È difficile fare una valutazione complessiva di un sistema come quello dell’informazione, che è estremamente variegato e complesso. Si rischia di incorrere in forme di omologazione superficiali o devianti. Ci sono giornali e servizi radiotelevisivi, che hanno dato con onestà notizie il più possibile oggettive sulla situazione, altri che non hanno esitato a indulgere in forme di scandalismo, facendo spazio a interviste con esperti di diverse discipline, magari scelti apposta in quanto in controtendenza rispetto alle posizioni ufficiali; per non dire delle numerose fake news che hanno invaso i social. Mi ha poi particolarmente colpito la concentrazione di tutti i media attorno alla pandemia, una sorta di gestione monopolistica, che ha finito per trascurare molti altri importanti problemi della vita del Paese. Ma ancor più mi ha colpito il provincialismo (peraltro non nuovo) di gran parte dei media, sia nel fornire le informazioni sulla pandemia – tutto è ruotato attorno alla situazione italiana o al più di alcuni Paesi europei o occidentali, con l’esclusione in particolare dei Paesi africani e latinoamericani – sia nell’accentrare tutta l’attenzione sul coronavirus, trascurando la presenza nel mondo di eventi assai gravi come i focolai di guerra che mietono ogni giorno migliaia di morti.
A comparire con insistenza sulla scena sono stati in questo periodo gli esperti, virologi ed epidemiologi in particolare. Scienza e tecnologia sembrano aver ricuperato una posizione privilegiata con ampi riconoscimenti a livello di opinione pubblica. Ma è proprio così?
La mia impressione è che il rapporto della gente con il mondo della scienza e della tecnica sia stato caratterizzato dalla presenza di atteggiamenti contrastanti, persino contraddittori. Da un lato, la paura indotta dalla pandemia non poteva che spingere ad affidarsi alle conoscenze degli uomini di scienza, a chiedere loro certezze e soluzioni; dall’altro la considerazione che anch’essi navigavano nel buio, che sapevano cioè ben poco del virus e che avanzavano ipotesi spesso diverse anche sul terreno delle precauzioni da assumere creava (e non poteva che creare) disorientamento e sfiducia. In realtà, a ben vedere, l’esperienza della pandemia ha reso trasparente la strutturale ambivalenza della scienza e della tecnica: le enormi potenzialità da esse offerte all’uomo, sia sul terreno della conoscenza che della possibilità di modificazione della realtà, ma, nello stesso tempo, anche i pesanti limiti e le gravi controindicazioni. Non si deve, infatti, dimenticare che il coronavirus è la spia di una situazione di squilibrio tra uomo e natura provocata dall’uso che l’uomo ha fatto del progresso scientifico-tecnologico: la volontà di potenza ha trovato nella tecnica la più alta possibilità di espressione come esercizio di un dominio incondizionato sulla realtà.
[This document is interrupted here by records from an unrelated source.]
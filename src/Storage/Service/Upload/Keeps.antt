-- ===== src/Storage/Service/Upload/Keeps.antt =====
-- Uploads keep the quota of an uploader (internal/storage/service.go).
use prappser_spaces.Base.{
  String, ◌≡◌, Bool, true, false, not, ◌||◌, [], ◌∷◌, ◌==◌, any, length, arith,
}
use prappser_spaces.Base.Int.{ℤ, pos, ◌≤ℤ◌, ltb_ℤ}
use prappser_spaces.Result.{Result, ok, err, guard, guard-eq-ok, file_too_large, is_pq_unique}
use prappser_spaces.Storage.{Bytes, Storage, UploadRequest, ChunkedUploadInitRequest}
use prappser_spaces.Storage.Paths.{thumbnail_path_of, validate_storage_id, is_valid_content_type}
use prappser_spaces.Storage.Repository.{create_storage, get_storage_by_id}
use prappser_spaces.Storage.Repository.Within.{
  IsWithin, HasRoom, create_storage-IsWithin, update_dimensions-IsWithin, update_thumbnail-IsWithin,
}
use prappser_spaces.Storage.Run.{Service, State, ◌>>◌, lift, change}
use prappser_spaces.Storage.Run.Hoare.{
  Hoare, Keeps, OfTable, bind-Hoare, lift-Hoare, lift-Keeps, query-Keeps, change-Hoare,
  caught-Hoare, given-Hoare, if-Hoare, ignored-Hoare, weaken-Hoare, on_disk-Keeps, give-Keeps,
}
use prappser_spaces.Storage.Service.{check_quota, populate_urls}
use prappser_spaces.Storage.Service.Images.{IsBlindToImages, save_image-Keeps}
use prappser_spaces.Storage.Service.Quota.{IsLimited, check_quota-Hoare}
use prappser_spaces.Storage.Service.Upload.{
  Uploader, check_request, read_content, uploaded, after_insert, save_upload, upload, announced,
  insert_error, init_chunked_upload,
}

pub images-IsWithin :
    {Disk : Type 0} (o : Service Disk) (path key : String) (quota : ℤ)
    → IsBlindToImages o path (OfTable (IsWithin key quota))
images-IsWithin o path key quota = record {
  dimensions = λ id w h st t p e. update_dimensions-IsWithin key quota id w h st.table t p e;
  thumbnail = λ id q st t p e. update_thumbnail-IsWithin key quota id q st.table t p e;
  file = λ x. on_disk-Keeps (IsWithin key quota) (o.backend.store (thumbnail_path_of path) x);
}

module _ {Disk : Type 0} (o : Service Disk) (key : String) (quota : ℤ) where
  -- What follows the insert keeps any bound on the sum.
  pub after_insert-Keeps :
      (s : Storage) (x : Bytes) (base_url : String) (r : Result (Unit {0}))
      → Keeps (OfTable (IsWithin key quota)) (after_insert o s x base_url r)
  unfolding after_insert
  after_insert-Keeps s x base_url (ok u) =
      bind-Hoare
        (save_image-Keeps o (OfTable (IsWithin key quota)) s x
          (images-IsWithin o s.storage_path key quota))
        (λ s'. give-Keeps (populate_urls o s' base_url))
  after_insert-Keeps s x base_url (err e) =
      bind-Hoare
        (ignored-Hoare (on_disk-Keeps (IsWithin key quota) (o.backend.delete s.storage_path)))
        (λ _.
          if-Hoare (any is_pq_unique e)
            (bind-Hoare (query-Keeps o.faults.on_get (get_storage_by_id s.id))
              (λ existing. give-Keeps (populate_urls o existing base_url)))
            (lift-Keeps (err e)))

module _ {Disk : Type 0} (o : Service Disk) (key : String) where
  abbrev Within : State Disk → Type 0
  Within = OfTable (IsWithin key o.account_quota)

  not-true : (b : Bool) → not b ≡ true → b ≡ false
  not-true b h = ground arith

  check_request-Hoare :
      (id content_type : String) (size : ℤ)
      → Hoare Within
          (check_request o id content_type size)
          (λ _ s. Within s × (ltb_ℤ o.max_file_size size ≡ false))
          Within
  unfolding check_request
  check_request-Hoare id content_type size = bind-Hoare (lift-Keeps (validate_storage_id id)) (λ _.
      bind-Hoare (lift-Keeps (guard (is_valid_content_type o.media_type content_type) [])) (λ _.
        weaken-Hoare
          (λ a s h. (
            h.0,
            not-true (ltb_ℤ o.max_file_size size)
                (guard-eq-ok (not (ltb_ℤ o.max_file_size size)) (file_too_large ∷ []) h.1),
          ))
          (λ s h. h) (lift-Hoare (guard (not (ltb_ℤ o.max_file_size size)) (file_too_large ∷ [])))))

  read_content-Hoare :
      (content : Result Bytes)
      → Hoare Within
          (read_content o content)
          (λ x s. Within s × (ltb_ℤ o.max_file_size (pos (length x)) ≡ false))
          Within
  unfolding read_content
  read_content-Hoare content = bind-Hoare (lift-Keeps content) (λ x.
      bind-Hoare
        (lift-Hoare (guard (not (ltb_ℤ o.max_file_size (pos (length x)))) (file_too_large ∷ [])))
        (λ a. record {
          holds = λ s h. (
            h.0,
            not-true (ltb_ℤ o.max_file_size (pos (length x))) (
                guard-eq-ok (not (ltb_ℤ o.max_file_size (pos (length x)))) (file_too_large ∷ [])
                  h.1),
          );
        }))

  inserted-Hoare :
      (s : Storage)
      → pos 0 ≤ℤ s.size_bytes
      → Hoare
          (OfTable (HasRoom key o.account_quota s.uploader_public_key s.size_bytes))
          (change o.faults.on_create (create_storage s))
          (λ _. Within)
          Within
  inserted-Hoare s n =
      weaken-Hoare (λ a st h. h) (λ st h. h.now)
        (change-Hoare o.faults.on_create (create_storage s)
          (λ st t h e. create_storage-IsWithin key o.account_quota s st.table t n h e))

  save_upload-Hoare :
      (s : Storage) (x : Bytes) (base_url : String)
      → pos 0 ≤ℤ s.size_bytes
      → Hoare
          (OfTable (HasRoom key o.account_quota s.uploader_public_key s.size_bytes))
          (save_upload o s x base_url)
          (λ _. Within)
          Within
  unfolding save_upload
  save_upload-Hoare s x base_url n =
      bind-Hoare
        (weaken-Hoare (λ a st h. h) (λ st h. h.now)
          (on_disk-Keeps (HasRoom key o.account_quota s.uploader_public_key s.size_bytes)
            (o.backend.store s.storage_path x)))
        (λ _.
          bind-Hoare (caught-Hoare (inserted-Hoare s n))
            (λ r. after_insert-Keeps o key o.account_quota s x base_url r))

  module _ (l : IsLimited o) where
    checked-Keeps :
        (u : Uploader) (req : UploadRequest) (x : Bytes) (base_url : String)
        → (u.public_key ≡ key → u.quota_exempt ≡ false)
        → ltb_ℤ o.max_file_size (pos (length x)) ≡ false
        → Keeps Within (
            check_quota o u.public_key (pos (length x)) u.quota_exempt
            >> (lift (guard (req.checksum == "" || (o.sha256 x == req.checksum)) [])
                >> save_upload o (uploaded o u req x) x base_url))
    unfolding uploaded
    checked-Keeps u req x base_url h m =
        bind-Hoare
          (check_quota-Hoare o l (pos (length x)) (omega arith) m key u.public_key u.quota_exempt h)
          (λ _.
            bind-Hoare
              (weaken-Hoare (λ a st k. k) (λ st k. k.now)
                (lift-Keeps (guard (req.checksum == "" || (o.sha256 x == req.checksum)) [])))
              (λ _. save_upload-Hoare (uploaded o u req x) x base_url (omega arith)))

    pub upload-Keeps :
        (u : Uploader) (req : UploadRequest) (content : Result Bytes) (base_url : String)
        → (u.public_key ≡ key → u.quota_exempt ≡ false)
        → Keeps Within (upload o u req content base_url)
    unfolding upload
    upload-Keeps u req content base_url h =
        bind-Hoare
          (weaken-Hoare (λ a s p. p.0) (λ s p. p)
            (check_request-Hoare req.id req.content_type req.size_bytes))
          (λ _.
            bind-Hoare (read_content-Hoare content)
              (λ x. given-Hoare (λ m. checked-Keeps u req x base_url h m)))

    pub init_chunked_upload-Keeps :
        (u : Uploader) (req : ChunkedUploadInitRequest)
        → (u.public_key ≡ key → u.quota_exempt ≡ false)
        → pos 0 ≤ℤ req.total_size
        → Keeps Within (init_chunked_upload o u req)
    unfolding init_chunked_upload announced
    init_chunked_upload-Keeps u req h n =
        bind-Hoare (check_request-Hoare req.id req.content_type req.total_size) (λ _.
          given-Hoare (λ m.
            bind-Hoare (check_quota-Hoare o l req.total_size n m key u.public_key u.quota_exempt h)
              (λ _. bind-Hoare (caught-Hoare (inserted-Hoare (announced o u req) n)) (λ r.
                bind-Hoare (lift-Keeps (insert_error o r)) (λ _. give-Keeps (record {
                  storage_id = req.id;
                  uploaded_at = o.now;
                  storage_path = (announced o u req).storage_path;
                }))))))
Un’ultima considerazione. In tutto questo che spazio c’è per la responsabilità dei cittadini, per l’esercizio della cittadinanza attiva?
Credo che l’uscita dal tunnel esiga il coinvolgimento di tutti. Che il cambiamento di paradigma necessario per creare le basi di un sistema nuovo e alternativo implichi la collaborazione di ogni cittadino, tanto nel fare proprio un nuovo stile di vita quanto nella partecipazione diretta all’azione politica. È questo lo spazio della cittadinanza attiva, che ha bisogno per venire esercitata, di un supplemento di assunzione di responsabilità civile.